段绝尘的院子其实离他这不远,路过那颗凤凰树很快就到。
但他不想去,也不想给这人上药。
即便这伤是自己弄的,但那处毕竟是隐秘的。
前世他哪里瞧过段绝尘,每每都是他被这人吃干抹净。
林晚江正焦虑,忽然看到前方一抹莹白。
段绝尘许是等急了,竟自己先来了他这。
“师兄。”
耳畔传来轻语,林晚江皱眉,走向段绝尘脚步愈发缓慢。
少年身穿中衣,垂感极好的锦缎,慵懒却不邋遢。
墨发纤长浓密,随意披散在脑后,衣襟之处半敞,结实的胸膛包裹纱带。
这般站于月色下,浅棕的眸子蕴着流转的星云。
他在笑,唇角微扬,瞧着心情极好。
这幅皮囊依旧好看,无关穿着。
见林晚江不愿上前,段绝尘浅笑朝他而来。
晚风徐徐,吹动满地绯红,那株凤凰花树绽放如初。
“师兄,阿尘等你许久了。”
说罢,少年伸出手,欲要去牵林晚江。
林晚江眸间一慌,后退半步,淡道:
“走吧,去你房里。
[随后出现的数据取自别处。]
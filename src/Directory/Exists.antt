-- ===== src/Directory/Exists.antt =====
-- src/directory/engine.ts: `existsInternal`.
use foundationdb_effect.Prelude.{ℕ, zero, suc, Bool, true, false, Option, none, some, if◌then◌else◌}
use foundationdb_effect.Prelude.Result.{Result, ok, err}
use foundationdb_effect.Directory.{find_node, check_version}
use foundationdb_effect.Directory.State.{
  DirectoryError, directory_does_not_exist, invalid_metadata, DirectoryPath, DirectoryLayer, Nodes,
  Database, nodes_of, Node, DirectoryOutput, directory_subspace, directory_partition,
  partition_subpath, is_in_partition,
}
use foundationdb_effect.Directory.Create.{get_contents}

-- Where `existsInternal` goes on.
pub data ExistsDecision : Type 0 where
  known : Result DirectoryError Bool → ExistsDecision
  exists_inside : DirectoryLayer → DirectoryPath → ExistsDecision

abbrev pub exists_in : Node → DirectoryOutput → ExistsDecision
exists_in node (directory_partition _ nested) = exists_inside nested (partition_subpath node)
exists_in node (directory_subspace _ _ _) = known (err invalid_metadata)

abbrev pub exists_found : DirectoryLayer → Option Node → ExistsDecision
exists_found layer none = known (ok false)
exists_found layer (some node) =
    if is_in_partition node false then exists_in node (get_contents layer node) else known (ok true)

abbrev pub exists_checked :
    DirectoryLayer → DirectoryPath → Result DirectoryError Nodes → ExistsDecision
exists_checked layer path (err e) = known (err e)
exists_checked layer path (ok nodes) = exists_found layer (find_node layer path nodes)

abbrev pub decide_exists : DirectoryLayer → DirectoryPath → Nodes → ExistsDecision
decide_exists layer path nodes = exists_checked layer path (check_version layer false nodes)

-- `existsInternal`; `none` is too little fuel.
unfoldable pub exists :
    ℕ → DirectoryLayer → DirectoryPath → Database → Option (Result DirectoryError Bool)
exists zero layer path db = none
exists (suc fuel) layer path db = elim (decide_exists layer path (nodes_of layer db)) [
  | known result ↦ some result
  | exists_inside inner subpath ↦ exists fuel inner subpath db
]

abbrev pub is_missing : DirectoryError → Bool
is_missing directory_does_not_exist = true
is_missing _ = false

-- What opening a directory says of its existence.
abbrev pub existence :
    Option (Result DirectoryError (DirectoryOutput × Database))
    → Option (Result DirectoryError Bool)
existence none = none
existence (some (ok _)) = some (ok true)
existence (some (err e)) = some (if is_missing e then ok false else err e)
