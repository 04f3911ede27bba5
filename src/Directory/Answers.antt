-- ===== src/Directory/Answers.antt =====
-- `existsInternal` beside opening a directory.
use foundationdb_effect.Prelude.{
  ℕ, zero, suc, ◌<◌, ◌≡◌, inl, inr, refl, sym, ap, ◌∙◌, arith, Bool, true, false, ◌&&◌, not, none,
  some, ◌==◌, length, length-drop, ltb, Bool-cases, Option-cases, if_true, if_false,
}
use foundationdb_effect.Prelude.Result.{
  Result, ok, err, map_ok, err≢ok, err-injective, map_ok-eq-err,
}
use foundationdb_effect.Bytes.{Bytes, equal_bytes}
use foundationdb_effect.Directory.{find_node, check_version, version_allowed, version_part}
use foundationdb_effect.Directory.State.{
  DirectoryError, directory_does_not_exist, version_error, DirectoryPath, DirectoryLayer, Nodes,
  Database, rows_of, nodes_of, partition_layer, DirectoryOutput, partition_subpath, is_in_partition,
  nested_layer,
}
use foundationdb_effect.Directory.Create.{
  Surroundings, decided, get_contents, decide, create_or_open,
}
use foundationdb_effect.Directory.Ends.{Result-cases}
use foundationdb_effect.Directory.Steps.{create_or_open_decided, create_or_open_inside}
use foundationdb_effect.Directory.Exists.{
  known, exists_inside, decide_exists, exists, is_missing, existence,
}

version_allowed-err :
    (version : Bytes) (write : Bool) (e : DirectoryError)
    → version_allowed version write ≡ err e
    → is_missing e ≡ false
version_allowed-err version write e h = elim (Bool-cases (not (length version == 12))) [
  | inl wrong ↦ error_is (if_true _ _ wrong h)
  | inr sized ↦ elim (Bool-cases (ltb 1 (version_part 0 version))) [
    | inl major ↦ error_is (if_true _ _ major (if_false _ _ sized h))
    | inr same ↦ elim (Bool-cases (write && ltb 0 (version_part 4 version))) [
      | inl minor ↦ error_is (if_true _ _ minor (if_false _ _ same (if_false _ _ sized h)))
      | inr fine ↦ cc (if_false _ _ fine (if_false _ _ same (if_false _ _ sized h)))
    ]
  ]
]
  where
    error_is :
        {e : DirectoryError}
        → ◌≡◌ {A = Result {0} DirectoryError Unit} (err version_error) (err e)
        → is_missing e ≡ false
    error_is same = sym (ap (λ e. is_missing e) (err-injective same))

check_version-err :
    (layer : DirectoryLayer) (nodes : Nodes) (e : DirectoryError)
    → check_version layer false nodes ≡ err e
    → is_missing e ≡ false
unfolding check_version
check_version-err layer nodes e h = elim (Option-cases (rows_of layer.node_prefix nodes).version) [
  | inl absent ↦ absurd (err≢ok (sym (rw absent at h)))
  | inr (version, there) ↦
      version_allowed-err version false e
        (map_ok-eq-err (λ _. nodes) (version_allowed version false) (rw there at h))
]

module _ (around : Surroundings) (fuel : ℕ) (layer : DirectoryLayer) (path : DirectoryPath)
    (db : Database) where
  exists_known :
      (r : Result DirectoryError Bool)
      → decide_exists layer path (nodes_of layer db) ≡ known r
      → exists (suc fuel) layer path db ≡ some r
  unfolding exists
  exists_known r e = rw (e, exists) refl

  exists_nested :
      (inner : DirectoryLayer) (subpath : DirectoryPath)
      → decide_exists layer path (nodes_of layer db) ≡ exists_inside inner subpath
      → exists (suc fuel) layer path db ≡ exists fuel inner subpath db
  unfolding exists
  exists_nested inner subpath e = rw (e, exists) refl

  answer_known :
      (r : Result DirectoryError DirectoryOutput) (answer : Result DirectoryError Bool)
      → decide_exists layer path (nodes_of layer db) ≡ known answer
      → decide layer path none none false true (nodes_of layer db) ≡ decided r
      → existence (some (map_ok (λ output. (output, db)) r)) ≡ some answer
      → exists (suc fuel) layer path db
        ≡ existence (create_or_open around (suc fuel) layer path none none false true db)
  answer_known r answer e d same =
      exists_known answer e
      ∙ sym same
      ∙ ap existence
          (sym (create_or_open_decided around fuel layer path none none false true db r d))

-- `exists` of a path that is not empty answers as `open` without an expected layer would: true where
-- that succeeds, false where it says that the directory does not exist, and the same error otherwise.
pub exists-existence :
    (around : Surroundings) (fuel : ℕ) (layer : DirectoryLayer) (path : DirectoryPath)
    (db : Database)
    → (length path == 0) ≡ false
    → exists fuel layer path db
      ≡ existence (create_or_open around fuel layer path none none false true db)
unfolding exists create_or_open decide
exists-existence around zero layer path db full = refl
exists-existence around (suc fuel) layer path db full =
    let nodes = nodes_of layer db in
    elim (Result-cases (check_version layer false nodes)) [
      | inl (e, failed) ↦
          answer_known around fuel layer path db (err e) (err e) (rw failed refl)
            (rw (failed, decide) refl) (rw (check_version-err layer nodes e failed) refl)
      | inr (nodes', checked) ↦ elim (Option-cases (find_node layer path nodes')) [
        | inl absent ↦
            answer_known around fuel layer path db (err directory_does_not_exist) (ok false)
              (rw (checked, absent) refl) (rw (checked, full, absent, decide) refl) refl
        | inr (node, found) ↦ elim (Bool-cases (is_in_partition node false)) [
          | inr outside ↦
              answer_known around fuel layer path db (ok (get_contents layer node)) (ok true)
                (rw (checked, found, outside) refl)
                (rw (checked, full, found, outside, decide) refl) refl
          | inl inside ↦
              let part : equal_bytes node.layer partition_layer ≡ true = grind arith in
              let less : length node.current_path < length node.target_path = grind arith in
              let some_path : 0 < length (partition_subpath node) =
                omega (arith, length-drop (length node.current_path) node.target_path, less) in
              let deeper : (length (partition_subpath node) == 0) ≡ false = grind arith in
              let inner = nested_layer layer node.prefix node.current_path in
              exists_nested around fuel layer path db inner (partition_subpath node)
                (rw (checked, found, inside, part) refl)
              ∙ exists-existence around fuel inner (partition_subpath node) db deeper
              ∙ ap existence (
                  sym (
                    create_or_open_inside around fuel layer path none none false true db inner
                      (partition_subpath node)
                      (rw (checked, full, found, inside, part, decide) refl)))
        ]
      ]
    ]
”
他只想速战速决,闭上眼睛拿起药膏,一气呵成。
没有牵到手,段绝尘并不着急,只是带他走进院中。
林晚江常穿白,但他喜好红。
院中那颗凤凰花树,是他从小种下的。
段绝尘拜入师门不久,院中虽干净,却有些寡淡。
四周不见花草,只立着木质的练功架。
参差不齐的木桩铺满庭院的角落,应是他练身法的。
地面镶着青石板,被银白月影点亮,一路通向燃着烛火的卧房。
脚步声不徐不缓,一个行至前头,一个默默跟随。
林晚江始终没有抬眸,他心有不愿。
房门被推开,一阵异香四散,这小畜生竟熏了香。
分辨不出味道,有些甜腻夹杂花香。
林晚江迈进房内,抬眼一看怔了半晌。
只觉段绝尘生有大病,这房间布置得像他妈喜房
木桌之上燃红烛,对影成双。
楠木大床挂红帐,旖旎放-荡。
段绝尘看向林晚江,眸间含笑,他解释道:
“阿尘这里本就是喜房,是个外门弟子娶了暗香峰的女修。”
“师尊本想大大办,谁知这二人不想在峰内成婚,谢师之后便下山隐居了。”
林晚江闻言,这才想起这事。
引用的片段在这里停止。